Capturing a Season

How fortunate am I to experience each season so brilliantly? I breathed in the fresh winter air as I stood atop a small hill surrounded by mixed hardwood forest and wandering ski trails. Bright sunlight warmed my back as it shone through skinny maples and rattling oak branches, but as the sun then slipped behind gray clouds I felt the morning chill reach my bundled hands and feet. Regularly pacing back and forth between a slow succession of snowshoe racers, I once questioned whether it would have been more appropriate to allot my time to the various tasks I had amassed back at the Museum. No, I thought, this outing was necessary.


Following an increasingly rugged road away from the Museum's corner and soon from the town, one eventually reaches the head of the North End Trails. On a sunny Saturday morning of early January, I joined other volunteers there to help guide participants in the inaugural North End Snowshoe Classic. Part of me simply craved a brief respite from my artificially-lit workspaces. 

Having escaped from the office, I embraced my natural surroundings. The sounds of an anonymous woodpecker kept me company once the hum of a snowmobile carried off along the race course. I paced around a small section of trail to keep my feet warm. Every now and then a clump of soft snow plopped on the ground as branches creaked and swayed in the breeze, but little else stirred. Nearly a half hour went by before I noticed the first racer from the 5k course approach the incline to the hill. I greeted and directed him as he quickly passed by, then repeated myself to the next few dozen racers. I resumed pacing once the last of that group crossed. 
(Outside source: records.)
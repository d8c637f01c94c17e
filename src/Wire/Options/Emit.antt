-- ===== src/Wire/Options/Emit.antt =====
-- `TcpOption::emit` of ethox/src/wire/tcp.rs, which returns what is written and the tail that is not.
use ethox.Base.{
  ℕ, ◌+◌, ◌%◌, Outcome, returns, panics, List, [], ◌∷◌, ◌++◌, length, take, drop, ◌==◌,
  if◌then◌else◌, map, ◌>>=◌,
}
use ethox.Wire.Bytes.{write_u8, write_u16, write_u32, split_at}
use ethox.Wire.Options.{
  TcpOption, end_of_list, no_operation, max_segment_size, window_scale, sack_permitted, sack_range,
  unknown, opt_end, opt_nop, opt_mss, opt_ws, opt_sackperm, opt_sackrng, buffer_len, ranges,
}

abbrev pub write_ranges : List ℕ → ℕ → List (ℕ × ℕ) → Outcome (List ℕ)
write_ranges buffer pos [] = returns buffer
write_ranges buffer pos ((first, second) ∷ more) = do
  buffer_1 ← write_u32 buffer pos first
  buffer_2 ← write_u32 buffer_1 (pos + 4) second
  write_ranges buffer_2 (pos + 8) more

-- The inner match, of the options that write their length; the others do not get there.
unfoldable pub emit_body : TcpOption → List ℕ → Outcome (List ℕ)
emit_body end_of_list buffer = panics
emit_body no_operation buffer = panics
emit_body (max_segment_size value) buffer = do
  buffer_1 ← write_u8 buffer 0 opt_mss
  write_u16 buffer_1 2 value
emit_body (window_scale value) buffer = do
  buffer_1 ← write_u8 buffer 0 opt_ws
  write_u8 buffer_1 2 value
emit_body sack_permitted buffer = write_u8 buffer 0 opt_sackperm
emit_body (sack_range s) buffer = do
  buffer_1 ← write_u8 buffer 0 opt_sackrng
  write_ranges buffer_1 2 (ranges s)
emit_body (unknown kind items) buffer = do
  buffer_1 ← write_u8 buffer 0 kind
  if length (drop 2 buffer_1) == length items then returns (take 2 buffer_1 ++ items) else panics

abbrev pub emit_long : TcpOption → List ℕ → Outcome (List ℕ × List ℕ)
emit_long option buffer = do
  buffer_1 ← write_u8 buffer 1 (buffer_len option % 256)
  buffer_2 ← emit_body option buffer_1
  split_at buffer_2 (buffer_len option)

unfoldable pub emit : TcpOption → List ℕ → Outcome (List ℕ × List ℕ)
unfolding buffer_len emit_body
emit end_of_list buffer = split_at (map (λ _. opt_end) buffer) 1
emit no_operation buffer = do buffer_1 ← write_u8 buffer 0 opt_nop; split_at buffer_1 1
emit option buffer = emit_long option buffer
As I loitered between those completing a 5k and 12k course, my mind  eventually wandered back to the Museum. I felt a slight sense of guilt in not tending to the collection. A selection of specimens preserved in jars required a change in fluid, and I had been looking forward to planning out a new arrangement for some display cases. Despite my genuine love of caring for the natural history specimens, I still prefer to immerse myself in the natural world that produces them. 

The cover of snow reveals calculated journeys
or aimless pacing to anyone observant
enough to look down.

The next and final round of racers passed as morning dipped into afternoon. Within the long periods between each passerby my contemplative thoughts deepened. Alone on my hill, I noticed the path of two crows arcing over me. Their various subsongs combined to sound much like a lively gurgle. Do visitors grasp the value of preserving a dead animal? A winter crane fly then landed on top of the snow to my immediate left and I scrambled to capture a photo. How can I even begin to capture the experience of a world teeming with life through a photo or a specimen? 
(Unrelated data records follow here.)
-- ===== src/Wire/Options/Parse.antt =====
-- `TcpOption::parse` of ethox/src/wire/tcp.rs.
use ethox.Base.{
  ℕ, ◌+◌, ◌-◌, ◌*◌, ◌%◌, not, ◌||◌, Option, none, some, Outcome, List, length, get_elem?, ltb, ◌==◌,
  if◌then◌else◌,
}
use ethox.Wire.Repr.{SackRanges}
use ethox.Wire.Bytes.{index, read_u16, read_u32, get_range, slice_from}
use ethox.Wire.Checked.{truncated, malformed, Result, accept, refuse, run, ok_or, ◌>>=◌}
use ethox.Wire.Options.{
  TcpOption, end_of_list, no_operation, max_segment_size, window_scale, sack_permitted, sack_range,
  unknown, opt_end, opt_nop, opt_mss, opt_ws, opt_sackperm, opt_sackrng,
}

-- The range at the `i`-th place of the array, if the slice is that long.
unfoldable pub parse_range : List ℕ → ℕ → Outcome (Result (Option (ℕ × ℕ)))
parse_range items i =
    let left = i * 8 in
    let mid = left + 4 in
    if ltb left (length items)
    then (do
      range_left ← run (read_u32 items left)
      range_right ← run (read_u32 items mid)
      accept (some (range_left, range_right)))
    else accept none

unfoldable pub parse_ranges : List ℕ → Outcome (Result SackRanges)
parse_ranges items = do
  first ← parse_range items 0
  second ← parse_range items 1
  third ← parse_range items 2
  accept record { first = first; second = second; third = third }

-- The match on the kind and the length, for a kind that is not one of the two without a length.
unfoldable pub parse_body : ℕ → ℕ → List ℕ → Outcome (Result TcpOption)
parse_body kind len items =
    if kind == opt_mss
    then (if len == 4
        then (do value ← run (read_u16 items 0); accept (max_segment_size value))
        else refuse malformed)
    else if kind == opt_ws
    then (if len == 3
        then (do value ← run (index items 0); accept (window_scale value))
        else refuse malformed)
    else if kind == opt_sackperm
    then (if len == 2 then accept sack_permitted else refuse malformed)
    else if kind == opt_sackrng
    then (if ltb len 10 || not ((len - 2) % 8 == 0)
        then refuse malformed
        else (do found ← parse_ranges items; accept (sack_range found)))
    else accept (unknown kind items)

-- The rest of the buffer, and its first option.
unfoldable pub parse : List ℕ → Outcome (Result (List ℕ × TcpOption))
parse buffer = do
  kind ← ok_or (get_elem? buffer 0) truncated
  if kind == opt_end
      then (do rest ← run (slice_from buffer 1); accept (rest, end_of_list))
      else if kind == opt_nop
      then (do rest ← run (slice_from buffer 1); accept (rest, no_operation))
      else (do
        len ← ok_or (get_elem? buffer 1) truncated
        items ← ok_or (get_range buffer 2 len) truncated
        option ← parse_body kind len items
        rest ← run (slice_from buffer len)
        accept (rest, option))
I noticed multiple winter crane flies the afternoon of
the race. On warmer days, overwintering adults may
be observed outside of their winter shelters.

I returned to the Museum that afternoon with cold hands and one last, important question in mind. How can I bring people to appreciate the experience of the outdoors from inside the Museum? I knew it could be done, and in some ways I knew how to do it. I quickly peered at the motionless crows as I walked back to my office. The recent memory of two crows conversing overhead flashed across my mind--and just like that I was back to the snowy, wonderful forest.